No campo lírico, as brincadeiras e ironias, entre cacofonias, remixes e até mesmo usando a voz como instrumento de apoio, acabam servindo como elementos para suavizar o cotidiano. Tirar aquele peso do entorno e torná-lo mais palpável. Tudo mais possível. Essa forma de criar vínculo com o ouvinte nos traz para 2025 e toda a hipérbole e esvaziamento das coisas, entre rotina, problemáticas, teorias da conspiração, TikTokização das coisas, mudanças, desajustes, ódios e dicotomias.

A audição é tão provocadora que este texto saiu completamente do controle. E talvez seja justamente essa falta de controle que sinto tanta falta na arte contemporânea. Quando vejo novas provocações sobre formas e estrutura, uma parte de mim me faz lembrar porque gosto tanto de música, e mais do que isso, das imperfeições mundanas. Da forma como transformamos nossas relações e nós mesmos.

A viagem psicodélica que nos faz entrar quase em transe, de “modrić”, é um caso à parte, daquelas que realmente ficam ecoando audição após audição. Tudo isso entre o destempero, o receio, a mudança e o compasso quebradiço. Entre a poesia quebradiça, a desilusão e toda a viagem cósmica das progressões de acordes dissonantes. “estranho efeito”, single previamente lançado, cruza fronteiras, condensa e sintetiza um pouco do que a obra permite, entre loops, frequências eletrônicas e linguagem.

As curvas da viagem…

Viajar a bordo desta espacionave não é das missões mais tranquilas. Mas nem por isso eles não trazem momentos mais leves, como na percussiva e clean, “boy meets girl”, que abusa das texturas e das linhas de baixo entrelaçadas aos loops, entre frequências mais darks cheias de efeitos. Essa natureza anárquica faz com que repensemos até o qual seria o lado A e o lado B do disco, justamente por sua capacidade de confundir. O lado cowboy de Lauiz em seu disco Perigo Imediato, ganha ares galácticos na interessante “boy, so confusing (lauiz e doutor smirnoff enfrentam seus fantasmas no planeta xcx)”.
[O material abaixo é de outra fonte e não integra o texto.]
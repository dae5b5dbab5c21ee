-- ===== src/Dial/Pool.antt =====
-- connect_dial.go and connect_dial_incremental.go, the `start` closure that both races share: one
-- goroutine for each attempt, and who owns the connections that the attempts make. Connections are
-- numbers; `E` is the type of the errors.
pub mod Owners
use forwardproxy.Base.{
  ℕ, ◌+◌, Bool, true, false, List, [], ◌∷◌, ◌++◌, Option, none, some, ◌==◌, if◌then◌else◌,
  get_elem?, set,
}

-- What an attempt hands over.
pub data Result (E : Type 0) : Type 0 where
  made : ℕ → Result E
  failed : E → Result E

-- `taken` has handed its result over, `dropped` has met the context's end first.
pub data Attempt (E : Type 0) : Type 0 where
  dialing : Attempt E
  offering : Result E → Attempt E
  taken : Attempt E
  dropped : Attempt E

pub record Pool (E : Type 0) : Type 0 where
  pub attempts : List (Attempt E)
  -- The connections that dials have given, and those that have been closed.
  pub opened : List ℕ
  pub closed : List ℕ

abbrev pub as_list : Option ℕ → List ℕ
as_list none = []
as_list (some c) = c ∷ []

module _ {E : Type 0} where
  abbrev pub empty_pool : Pool E
  empty_pool = record { attempts = []; opened = []; closed = [] }

  unfoldable pub launch : Pool E → Pool E
  launch p = record p { attempts = p.attempts ++ dialing ∷ [] }

  abbrev pub first_error : Option E → Option E → Option E
  first_error none err = err
  first_error (some e) err = some e

  -- What is left of a dial's connection and error: the result, and the connection that is closed.
  unfoldable pub settled : E → Option ℕ → Option E → Result E × List ℕ
  settled unconnected none none = (failed unconnected, [])
  settled unconnected (some c) none = (made c, [])
  settled unconnected none (some e) = (failed e, [])
  settled unconnected (some c) (some e) = (failed e, c ∷ [])

  ended_attempt : Pool E → ℕ → Option ℕ → Result E × List ℕ → Pool E
  ended_attempt p i conn (result, shut) = record p {
    attempts = set p.attempts i (offering result);
    opened = as_list conn ++ p.opened;
    closed = shut ++ p.closed;
  }

  end_of : E → Pool E → ℕ → Option ℕ → Option E → Option E → Option (Attempt E) → Pool E
  unfolding ended_attempt settled
  end_of unconnected p i conn err attempt_err (some dialing) =
      ended_attempt p i conn (settled unconnected conn (first_error attempt_err err))
  end_of unconnected p i conn err attempt_err _ = p

  -- `h.dialContext` of attempt `i` returns, and the attempt's own context has or has not ended.
  unfoldable pub dial_ends : E → ℕ → Option ℕ → Option E → Option E → Pool E → Pool E
  unfolding end_of
  dial_ends unconnected i conn err attempt_err p =
      end_of unconnected p i conn err attempt_err (get_elem? p.attempts i)

  drop_of : Pool E → ℕ → Option (Attempt E) → Pool E
  drop_of p i (some (offering (made c))) = record p {
    attempts = set p.attempts i dropped;
    closed = c ∷ p.closed;
  }
  drop_of p i (some (offering (failed e))) = record p { attempts = set p.attempts i dropped }
  drop_of p i _ = p

  -- The attempt's select takes the end of the context.
  unfoldable pub drop_attempt : ℕ → Pool E → Pool E
  unfolding drop_of
  drop_attempt i p = drop_of p i (get_elem? p.attempts i)

  abbrev pub offer_of : Option (Attempt E) → Option (Result E)
  offer_of (some (offering result)) = some result
  offer_of (some dialing) = none
  offer_of (some taken) = none
  offer_of (some dropped) = none
  offer_of none = none

  -- What attempt `i` has to give to the race, and the pool once its select has given it.
  abbrev pub offered : ℕ → Pool E → Option (Result E)
  offered i p = offer_of (get_elem? p.attempts i)

  unfoldable pub take_result : ℕ → Pool E → Pool E
  take_result i p = record p { attempts = set p.attempts i taken }

  unfoldable pub close_conn : ℕ → Pool E → Pool E
  close_conn c p = record p { closed = c ∷ p.closed }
“music is supposed to be fun” é daquelas que gritam: LCD Soundsystem é minha religião e nada me faltará. E talvez seja isso mesmo, se divertir, mesmo sem aquele compromisso com a seriedade, onde o canal de contato é tão importante como a mensagem, assim como o CSS fazia em seus discos dos anos 2000. Se você for pensar, música sem se divertir, se transforma em algo burocrático quase sem alma. Então, é mais um acerto da produção essa lembrança.

As transições entre as canções, principalmente na segunda parte mais dark do material, são um caso à parte. Elas se interligam feito um set de DJ, o que deixa tudo mais fácil e interessante dentro da narrativa. “Instruções Para Descongelar o Gilberto Gil no Espaço Sideral”, tem toda aquela narrativa mais espacial que vemos, por exemplo, em discos como Ladies and Gentlemen We Are Floating in Space (1997), do Spiritualized. Daquela calmaria em marcha de comunhão, onde temos a certeza de que não estamos sozinhos.

Contato é o disco que não sabíamos que precisávamos ouvir, mas que mesmo assim recai como um abraço.